• ABOUT THIS TASK: Only the lines that include "abbrev" should be copied from the data below.

• EXERCISE DATA:
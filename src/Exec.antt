-- ===== src/Exec.antt =====
-- Functions that may raise return a `Result`; methods that write files and may raise are actions
-- of `Exec`. What was written before a raise stays written, so the state comes back beside the
-- error too.
pub mod Triple
use oracle_patching.Prelude.{◌≡◌, refl, Bool, true, false, Option, none, some}

pub data Result {ℓ κ} (E : Type ℓ) (A : Type κ) : Type (ℓ ⊔ κ) where
  ok : A → Result E A
  err : E → Result E A

pub ok_inj {ℓ κ} : {E : Type ℓ} {A : Type κ} (a b : A) → ◌≡◌ {A = Result E A} (ok a) (ok b) → a ≡ b
ok_inj a b h = cc

abbrev pub Exec : Type 0 → Type 0 → Type 0 → Type 0
Exec E S A = S → Result E A × S

module _ {E S A : Type 0} where
  unfoldable pub pure : A → Exec E S A
  pure a s = (ok a, s)

  unfoldable pub raise : E → Exec E S A
  raise e s = (err e, s)

  unfoldable pub lift : Result E A → Exec E S A
  lift r s = (r, s)

  unfoldable pub gets : (S → A) → Exec E S A
  gets f s = (ok (f s), s)

module _ {E S : Type 0} where
  unfoldable pub modify : (S → S) → Exec E S (Unit {0})
  modify f s = (ok tt, f s)

  -- `if not b: raise e`
  unfoldable pub ensure : Bool → E → Exec E S (Unit {0})
  ensure true e s = (ok tt, s)
  ensure false e s = (err e, s)

module _ {E S A B : Type 0} where
  abbrev pub continue : (A → Exec E S B) → Result E A × S → Result E B × S
  continue f (ok a, s) = f a s
  continue f (err e, s) = (err e, s)

  infixl 10 ◌>>=◌ ◌>>◌
  unfoldable pub ◌>>=◌ : Exec E S A → (A → Exec E S B) → Exec E S B
  unfolding pure raise lift gets modify ensure
  ◌>>=◌ m f s = continue f (m s)

  abbrev pub ◌>>◌ : Exec E S A → Exec E S B → Exec E S B
  m >> n = m >>= λ _. n

  continue-eq-ok :
      (f : A → Exec E S B) (r : Result E A × S) {b : B} {t : S}
      → continue f r ≡ (ok b, t)
      → (a : A) × (u : S) × (r ≡ (ok a, u)) × (f a u ≡ (ok b, t))
  continue-eq-ok f (ok a, u) h = (a, u, refl, h)
  continue-eq-ok f (err e, u) h = cc

  -- A bind that returns: the first part returned, and the second did from the state it left.
  pub >>=-eq-ok :
      (m : Exec E S A) (f : A → Exec E S B) (s : S) {b : B} {t : S}
      → (m >>= f) s ≡ (ok b, t)
      → (a : A) × (u : S) × (m s ≡ (ok a, u)) × (f a u ≡ (ok b, t))
  unfolding ◌>>=◌
  >>=-eq-ok m f s h = continue-eq-ok f (m s) h

  -- A part that raises ends the whole.
  pub >>=-err :
      (m : Exec E S A) (f : A → Exec E S B) (s : S) {e : E} {t : S}
      → m s ≡ (err e, t)
      → (m >>= f) s ≡ (err e, t)
  unfolding ◌>>=◌
  >>=-err m f s h = rw h

  -- A part that returns hands on its value and its state.
  pub >>=-ok :
      (m : Exec E S A) (f : A → Exec E S B) (s : S) (a : A) (t : S)
      → m s ≡ (ok a, t)
      → (m >>= f) s ≡ f a t
  unfolding ◌>>=◌
  >>=-ok m f s a t h = rw h refl

module _ {E S : Type 0} where
  pub ensure-true : (b : Bool) (e : E) (s : S) → b ≡ true → ensure b e s ≡ (ok tt, s)
  unfolding ensure
  ensure-true b e s h = rw h refl

module _ {E S B : Type 0} where
  -- A guard that let the rest return.
  pub guard-eq-ok :
      (b : Bool) (e : E) (m : Exec E S B) (s : S) {x : B} {t : S}
      → (ensure b e >> m) s ≡ (ok x, t)
      → (b ≡ true) × (m s ≡ (ok x, t))
  unfolding ◌>>=◌ ensure
  guard-eq-ok true e m s h = (refl, h)
  guard-eq-ok false e m s h = cc

module _ {E S A B : Type 0} where
  -- A result that let the rest return.
  pub lift-then-eq-ok :
      (r : Result E A) (f : A → Exec E S B) (s : S) {x : B} {t : S}
      → (lift r >>= f) s ≡ (ok x, t)
      → (a : A) × (r ≡ ok a) × (f a s ≡ (ok x, t))
  unfolding ◌>>=◌ lift
  lift-then-eq-ok (ok a) f s h = (a, refl, h)
  lift-then-eq-ok (err e) f s h = cc

-- The same for code that changes nothing.
module _ {E A B : Type 0} where
  abbrev pub and_then : Result E A → (A → Result E B) → Result E B
  and_then (ok a) f = f a
  and_then (err e) f = err e

  pub and_then-eq-ok :
      (r : Result E A) (f : A → Result E B) {b : B}
      → and_then r f ≡ ok b
      → (a : A) × (r ≡ ok a) × (f a ≡ ok b)
  and_then-eq-ok (ok a) f h = (a, refl, h)
  and_then-eq-ok (err e) f h = cc

module _ {E : Type 0} where
  -- `if not b: raise e`
  abbrev pub check : Bool → E → Result E (Unit {0})
  check true e = ok tt
  check false e = err e

  pub check-eq-ok : (b : Bool) (e : E) {u : Unit {0}} → check b e ≡ ok u → b ≡ true
  check-eq-ok true e h = refl
  check-eq-ok false e h = cc

module _ {E A : Type 0} where
  abbrev pub some_or : E → Option A → Result E A
  some_or e none = err e
  some_or e (some a) = ok a

  pub some_or-eq-ok : (e : E) (o : Option A) {a : A} → some_or e o ≡ ok a → o ≡ some a
  some_or-eq-ok e none h = cc
  some_or-eq-ok e (some a) h = cc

• ANSWER SPACE:
abbrev pub Exec : Type 0 → Type 0 → Type 0 → Type 0
  abbrev pub continue : (A → Exec E S B) → Result E A × S → Result E B × S
  abbrev pub ◌>>◌ : Exec E S A → Exec E S B → Exec E S B
  abbrev pub and_then : Result E A → (A → Result E B) → Result E B
  abbrev pub check : Bool → E → Result E (Unit {0})
  abbrev pub some_or : E → Option A → Result E A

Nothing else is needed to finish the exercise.